Output each line from the one that contains "w.2 ≡ rest)" to the final line of the data below, exactly, and include nothing else.

_EXTRACTED ENTRIES_
================

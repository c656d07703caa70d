-- ===== src/Net/Udp/Channel.antt =====
-- The UDP transport as the stream that the k/v commands are stated over.
use pixel_multiverse_firmwar.Prelude.{
  ℕ, ◌-◌, ◌≡◌, ◌≢◌, refl, ap, ◌∙◌, Bool, true, some, arith, ◌++◌, All, drop-append, ==_iff, List,
  [], ◌∷◌, ◌==◌, length, take, drop, Bool-cases, inl, inr,
}
use pixel_multiverse_firmwar.Net.Udp.{
  Ring, Polls, drain, drain_match, receive, read, wait_loop, wait_for,
}
use pixel_multiverse_firmwar.Net.Udp.Queue.{IsValid, receive-IsValid}
use pixel_multiverse_firmwar.Net.Udp.Matching.{
  starts_with, after, outcome, drain_match-IsValid, wait_for-stream,
}
use pixel_multiverse_firmwar.Net.Udp.Stream.{stream, NoBurst, read-stream}

module _ (rb : ℕ) where
  -- A ring that is well formed, and polls with no burst above its size.
  pub record Channel : Type 0 where
    pub ring : Ring
    pub polls : Polls
    pub valid : IsValid rb ring
    pub calm : NoBurst rb polls

  pub read-NoBurst :
      (len : ℕ) (r : Ring) (ps : Polls) → NoBurst rb ps → NoBurst rb (read rb len r ps).2
  unfolding read
  read-NoBurst len r [] n = tt
  read-NoBurst len r (p ∷ ps) n =
      let m = drain rb len r.count r in
      elim (Bool-cases (length m.0 == len)) [
        | inl full ↦ rw full n
        | inr short ↦ rw short (read-NoBurst (len - length m.0) (receive rb m.1 p) ps n.1)
      ]

  abbrev pub coming : Channel → List ℕ
  coming c = stream rb c.ring c.polls

  abbrev pub channel_read : ℕ → Channel → List ℕ × Channel
  channel_read len c =
      let m = read rb len c.ring c.polls in
      (
        m.0,
        record {
          ring = m.1;
          polls = m.2;
          valid = (read-stream rb len c.ring c.polls c.valid c.calm).2;
          calm = read-NoBurst len c.ring c.polls c.calm;
        },
      )

  pub channel_read-takes : (len : ℕ) (c : Channel) → (channel_read len c).0 ≡ take len (coming c)
  channel_read-takes len c = (read-stream rb len c.ring c.polls c.valid c.calm).0

  pub channel_read-drops :
      (len : ℕ) (c : Channel) → coming (channel_read len c).1 ≡ drop len (coming c)
  channel_read-drops len c = (read-stream rb len c.ring c.polls c.valid c.calm).1

  wait_loop-IsValid :
      (p : List ℕ) (ps : Polls) (k : ℕ) (r : Ring)
      → IsValid rb r
      → NoBurst rb ps
      → IsValid rb (wait_loop rb p k r ps).1 × NoBurst rb (wait_loop rb p k r ps).2
  unfolding wait_loop
  wait_loop-IsValid p [] k r v n = (drain_match-IsValid rb p k r v, tt)
  wait_loop-IsValid p (q ∷ ps) k r v n =
      let drained = drain_match-IsValid rb p k r v in
      let m = drain_match rb p r.count k r in
      elim (Bool-cases (m.0 == length p)) [
        | inl full ↦ rw full (drained, n)
        | inr short ↦
            rw short
              (wait_loop-IsValid p ps m.0 (receive rb m.1 q) (receive-IsValid rb q m.1 drained) n.1)
      ]

  pub wait_for-IsValid :
      (p : List ℕ) (c : Channel)
      → IsValid rb (wait_for rb p c.ring c.polls).1 × NoBurst rb (wait_for rb p c.ring c.polls).2
  unfolding wait_for
  wait_for-IsValid [] c = (c.valid, c.calm)
  wait_for-IsValid (b ∷ bs) c = wait_loop-IsValid (b ∷ bs) c.polls 0 c.ring c.valid c.calm

  abbrev pub channel_wait_for : List ℕ → Channel → Bool × Channel
  channel_wait_for p c =
      let w = wait_for rb p c.ring c.polls in
      let kept = wait_for-IsValid p c in
      (w.0, record { ring = w.1; polls = w.2; valid = kept.0; calm = kept.1 })

  answered :
      (w : Bool × Ring × Polls) (rest : List ℕ)
      → outcome rb w ≡ some rest
      → (w.0 ≡ true) × (stream rb w.1 w.2 ≡ rest)
  answered w rest e = elim (Bool-cases w.0) [
    | inl heard ↦ (heard, ground (arith, heard, e))
    | inr nothing ↦ absurd (ground (arith, nothing, e))
  ]

  starts_with-append : (p s : List ℕ) → starts_with p (p ++ s) ≡ true
  starts_with-append [] s = refl
  starts_with-append (b ∷ bs) s = rw ((==_iff b b).1 refl) (starts_with-append bs s)

  after-append : (b : ℕ) (bs rest : List ℕ) → after (b ∷ bs) ((b ∷ bs) ++ rest) ≡ some rest
  unfolding after
  after-append b bs rest =
      rw (starts_with-append (b ∷ bs) rest) (ap some (drop-append (length bs) bs rest refl))

  -- A pattern that comes next is heard, if its first byte does not come again in it.
  pub channel_wait_for-append :
      (b : ℕ) (bs rest : List ℕ) (c : Channel)
      → All (λ x. x ≢ b) bs
      → coming c ≡ (b ∷ bs) ++ rest
      → ((channel_wait_for (b ∷ bs) c).0 ≡ true) × (coming (channel_wait_for (b ∷ bs) c).1 ≡ rest)
  channel_wait_for-append b bs rest c once e = answered (wait_for rb (b ∷ bs) c.ring c.polls) rest (
      wait_for-stream rb b bs c.ring c.polls once c.valid c.calm
      ∙ (ap (after (b ∷ bs)) e ∙ after-append b bs rest))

================

_WRITTEN ANSWER_
      → (w.0 ≡ true) × (stream rb w.1 w.2 ≡ rest)
  answered w rest e = elim (Bool-cases w.0) [
    | inl heard ↦ (heard, ground (arith, heard, e))
    | inr nothing ↦ absurd (ground (arith, nothing, e))
  ]

  starts_with-append : (p s : List ℕ) → starts_with p (p ++ s) ≡ true
  starts_with-append [] s = refl
  starts_with-append (b ∷ bs) s = rw ((==_iff b b).1 refl) (starts_with-append bs s)

  after-append : (b : ℕ) (bs rest : List ℕ) → after (b ∷ bs) ((b ∷ bs) ++ rest) ≡ some rest
  unfolding after
  after-append b bs rest =
      rw (starts_with-append (b ∷ bs) rest) (ap some (drop-append (length bs) bs rest refl))

  -- A pattern that comes next is heard, if its first byte does not come again in it.
  pub channel_wait_for-append :
      (b : ℕ) (bs rest : List ℕ) (c : Channel)
      → All (λ x. x ≢ b) bs
      → coming c ≡ (b ∷ bs) ++ rest
      → ((channel_wait_for (b ∷ bs) c).0 ≡ true) × (coming (channel_wait_for (b ∷ bs) c).1 ≡ rest)
  channel_wait_for-append b bs rest c once e = answered (wait_for rb (b ∷ bs) c.ring c.polls) rest (
      wait_for-stream rb b bs c.ring c.polls once c.valid c.calm
      ∙ (ap (after (b ∷ bs)) e ∙ after-append b bs rest))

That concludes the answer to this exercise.